Neil sings of "driving down a one-way street," expressing his apparent surprise that no one he meets along way truly seems to be "in command." After all, as he puts it, "there's no escape from fate," though he goes on to say, "I don't care—I still like to think I'm in control." Notice, however, the doubt implicit in those words: he likes to think he's in control. But, all doubts aside, he's glad to have met someone on his journey: the "you" to whom he's ostensibly singing ("I took a road that led me straight to you").
It's not really paradoxical if you think about it. "Fate" aside, we do have a good deal of control over the paths we take in life. We make choices that take us in a given direction, and a different choice would have taken us elsewhere. We do have free will. But that doesn't change the fact that our lives are all still one-way streets. We can never truly go back in the opposite direction; any attempt to do so is just another turn along the road as we drive on toward each and everyone's ultimate goal: the end of our lives. The narrator's focus, however, on another person, "you," demonstrates his recognition that one of the things, if not the thing, that makes it a road worth traveling are the people—and perhaps one very special person—we meet along the way.
Musically, one of the most interesting things about this contemplative midtempo track is its midde-eight instrumental break, one of Chris's patented extended one-chord sequences. Highlighted by a repetitive but distinctive low "burping" synth solo, this segment is repeated almost verbatim for the song's fadeout. Also worth noting is the great similarity of this track with "Twentieth Century," particularly with regard to their prominent bass-synth lines which, at least superficially, sound nearly identical. Could this account for the fact that only one of them—namely "Twentieth Century"—actually made it onto Fundamental?
Annotations
- Neil has said that the title of the song was borrowed from that of a book sitting in a bookcase in their recording studio: One-Way Street (Einbahnstraße in the original German, published in 1928) by the German-Jewish philosopher and literary critic Walter Benjamin (1882-1940). (Neil concedes, however, that he's never actually read it.) Although Benjamin had successfuly escaped first from Nazi Germany and then (following a brief period of imprisonment) Nazi-occupied France, his subsequent residence in Franco's Spain was tenuous. Fearing deportation back to Nazi-controlled territory, he committed suicide.

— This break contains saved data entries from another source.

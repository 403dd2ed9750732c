-- ===== src/Platform.antt =====
-- The control plane (backend/app).
pub mod Jobs
pub mod Placement
pub mod Quotas
pub mod RateLimit
pub mod Rbac
pub mod Payments
pub mod Billing
pub mod Control
mod Tests
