-- ===== src/Platform/Payments.antt =====
-- Invoices, payments and subscriptions (backend/app/services/payment_service.py): the manual payment
-- and the webhooks of the two gateways. A webhook is what its verified and parsed body says;
-- `signed` is what the gateway's signature check answers. Notifications and outgoing events are left
-- out.
pub mod Reactivated
pub mod Settled
use eminidatabase.Base.{
  ℕ, Bool, true, false, not, Option, none, some, List, [], ◌∷◌, ◌==◌, ◌&&◌, ◌||◌, if◌then◌else◌,
}
use eminidatabase.Base.Int.{ℤ, pos, ◌-ℤ◌, ◌==ℤ◌, leb_ℤ}
use eminidatabase.Base.Table.{Table, lookup, modify, rows}
use eminidatabase.Base.Action.{
  Action, ◌>>=◌, ◌>>◌, pure, raise_if, reads, writes, scalar_one_or_none,
}

pub data InvoiceStatus : Type 0 where
  draft finalized paid void : InvoiceStatus

pub record Invoice : Type 0 where
  pub subscription_id : ℕ
  pub status : InvoiceStatus
  pub paid_at : Option ℕ
  pub payment_reference : Option ℕ

pub data SubscriptionStatus : Type 0 where
  active past_due canceled : SubscriptionStatus

pub record Subscription : Type 0 where
  pub status : SubscriptionStatus

pub data PaymentProviderName : Type 0 where
  manual nowpayments fedapay : PaymentProviderName

pub data PaymentStatus : Type 0 where
  pending succeeded failed : PaymentStatus

-- The gateways' status strings that the handlers compare with; `in_flight` is any other.
pub data ProviderStatus : Type 0 where
  finished partially_paid failed expired : ProviderStatus
  approved declined canceled in_flight : ProviderStatus

pub record Payment : Type 0 where
  pub invoice_id : ℕ
  pub provider : PaymentProviderName
  pub provider_payment_id : ℕ
  pub status : PaymentStatus
  pub provider_status : Option ProviderStatus

pub record Store : Type 0 where
  pub invoices : Table Invoice
  pub subscriptions : Table Subscription
  pub payments : Table Payment

pub data Error : Type 0 where
  invalid_signature multiple_results : Error

abbrev pub Tx : Type 0 → Type 0
Tx A = Action Store Error A

abbrev pub is_finalized : InvoiceStatus → Bool
is_finalized finalized = true
is_finalized _ = false

abbrev pub is_past_due : SubscriptionStatus → Bool
is_past_due past_due = true
is_past_due _ = false

-- The other invoices of the subscription that are still to be paid. The session has not flushed the
-- status of the invoice at hand, which the query leaves out.
abbrev pub still_unpaid : ℕ → ℕ → Table Invoice → Bool
still_unpaid subscription_id invoice_id [] = false
still_unpaid subscription_id invoice_id ((i, v) ∷ t) =
    (v.subscription_id == subscription_id && (is_finalized v.status && not (i == invoice_id)))
    || still_unpaid subscription_id invoice_id t

-- `_reactivate_if_current`
abbrev pub reactivate_if_current : ℕ → Invoice → Store → Store
reactivate_if_current invoice_id invoice s = elim (lookup invoice.subscription_id s.subscriptions) [
  | none ↦ s
  | some subscription ↦
      if is_past_due subscription.status
        && not (still_unpaid invoice.subscription_id invoice_id s.invoices)
      then record s {
        subscriptions =
            modify invoice.subscription_id (λ x. record x { status = active }) s.subscriptions;
      }
      else s
]

-- `_mark_invoice_paid`
abbrev pub mark_invoice_paid : ℕ → Invoice → (reference now : ℕ) → Store → Store
mark_invoice_paid invoice_id invoice reference now s =
    reactivate_if_current invoice_id invoice (record s {
      invoices =
          modify invoice_id
            (λ v. record v {
              status = paid;
              paid_at = some now;
              payment_reference = some reference;
            })
            s.invoices;
    })

unfoldable pub pay_invoice_manually : ℕ → Invoice → (now : ℕ) → Tx (Unit {0})
pay_invoice_manually invoice_id invoice now =
    writes (mark_invoice_paid invoice_id invoice invoice_id now)

abbrev pub set_payment : ℕ → (Payment → Payment) → Store → Store
set_payment i f s = record s { payments = modify i f s.payments }

abbrev pub pay_invoice : ℕ → ℕ → (now : ℕ) → Option Invoice → Store → Store
pay_invoice invoice_id payment_id now none s = s
pay_invoice invoice_id payment_id now (some invoice) s = elim invoice.status [
  | paid ↦ s
  | _ ↦ mark_invoice_paid invoice_id invoice payment_id now s
]

-- `_finalize_payment`, of a payment that has not succeeded before.
abbrev pub finalize_payment : ℕ → Payment → (now : ℕ) → Store → Store
finalize_payment i payment now s = elim payment.status [
  | succeeded ↦ s
  | _ ↦
      let s' = set_payment i (λ p. record p { status = PaymentStatus.succeeded }) s in
      pay_invoice payment.invoice_id i now (lookup payment.invoice_id s'.invoices) s'
]

abbrev pub same_provider : PaymentProviderName → PaymentProviderName → Bool
same_provider manual manual = true
same_provider nowpayments nowpayments = true
same_provider fedapay fedapay = true
same_provider _ _ = false

abbrev pub is_of : PaymentProviderName → ℕ → Payment → Bool
is_of provider id p = same_provider p.provider provider && p.provider_payment_id == id

-- What a gateway reports: the payment has come in, has failed, or neither yet.
pub data Report : Type 0 where
  settled gone waiting : Report

-- `payment.provider_status = …`
abbrev pub noted : ProviderStatus → Payment → Payment
noted status p = record p { provider_status = some status }

abbrev pub reported : Report → ProviderStatus → ℕ → Payment → (now : ℕ) → Store → Store
reported settled status i p now s = finalize_payment i p now (set_payment i (noted status) s)
reported gone status i p now s =
    set_payment i (λ p. record (noted status p) { status = PaymentStatus.failed }) s
reported waiting status i p now s = s

abbrev pub nowpayments_report :
    (tolerance : ℤ) → ProviderStatus → (actually_paid price_amount : ℤ) → Report
nowpayments_report tolerance finished actually_paid price_amount = settled
nowpayments_report tolerance partially_paid actually_paid price_amount =
    if leb_ℤ (price_amount -ℤ actually_paid) tolerance then settled else waiting
nowpayments_report tolerance failed actually_paid price_amount =
    if actually_paid ==ℤ pos 0 then gone else waiting
nowpayments_report tolerance expired actually_paid price_amount =
    if actually_paid ==ℤ pos 0 then gone else waiting
nowpayments_report tolerance _ actually_paid price_amount = waiting

abbrev pub fedapay_report : ProviderStatus → Report
fedapay_report approved = settled
fedapay_report declined = gone
fedapay_report canceled = gone
fedapay_report _ = waiting

-- The rest of a handler, once it has looked the payment up. NOWPayments' handler writes the
-- provider's status in every case, FedaPay's only when it acts on it.
abbrev pub nowpayments_found :
    Report → ProviderStatus → (now : ℕ) → Option (ℕ × Payment) → Store → Store
nowpayments_found report status now none s = s
nowpayments_found report status now (some (i, p)) s = elim p.status [
  | pending ↦ reported report status i p now (set_payment i (noted status) s)
  | _ ↦ s
]

abbrev pub fedapay_found :
    Report → ProviderStatus → (now : ℕ) → Option (ℕ × Payment) → Store → Store
fedapay_found report status now none s = s
fedapay_found report status now (some (i, p)) s = elim p.status [
  | pending ↦ reported report status i p now s
  | _ ↦ s
]

unfoldable pub handle_nowpayments_webhook :
    (signed : Bool) (tolerance : ℤ) (id : ℕ)
    → ProviderStatus
    → (actually_paid price_amount : ℤ) (now : ℕ) → Tx (Unit {0})
handle_nowpayments_webhook signed tolerance id status actually_paid price_amount now = do
  raise_if (not signed) invalid_signature
  payment ←
      scalar_one_or_none multiple_results (← reads (λ s. rows (is_of nowpayments id) s.payments))
  writes (
      nowpayments_found (nowpayments_report tolerance status actually_paid price_amount) status now
        payment)

unfoldable pub handle_fedapay_webhook :
    (signed : Bool) (id : ℕ) → ProviderStatus → (now : ℕ) → Tx (Unit {0})
handle_fedapay_webhook signed id status now = do
  raise_if (not signed) invalid_signature
  payment ← scalar_one_or_none multiple_results (← reads (λ s. rows (is_of fedapay id) s.payments))
  writes (fedapay_found (fedapay_report status) status now payment)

- One of my site visitors has suggested an alternate interpretation of the song in which the one-way street about which Neil is singing refers to "living in a society that only accepts one type of relationship: straight relationships." On such a "one-way street," nearly everyone and everything around you tries to force you down that path. The line "Some even say, its a function of the state" may refer to the way in which many governments enforce one type of relationship, making being gay illegal. So when the narrator says, "I took a road that led me straight to you," it's ironic in that life in a "straight" society allowed a gay relationship to occur. While I myself don't ascribe to this interpretation of the song, I find it quite intriguing and believe it's well worth noting.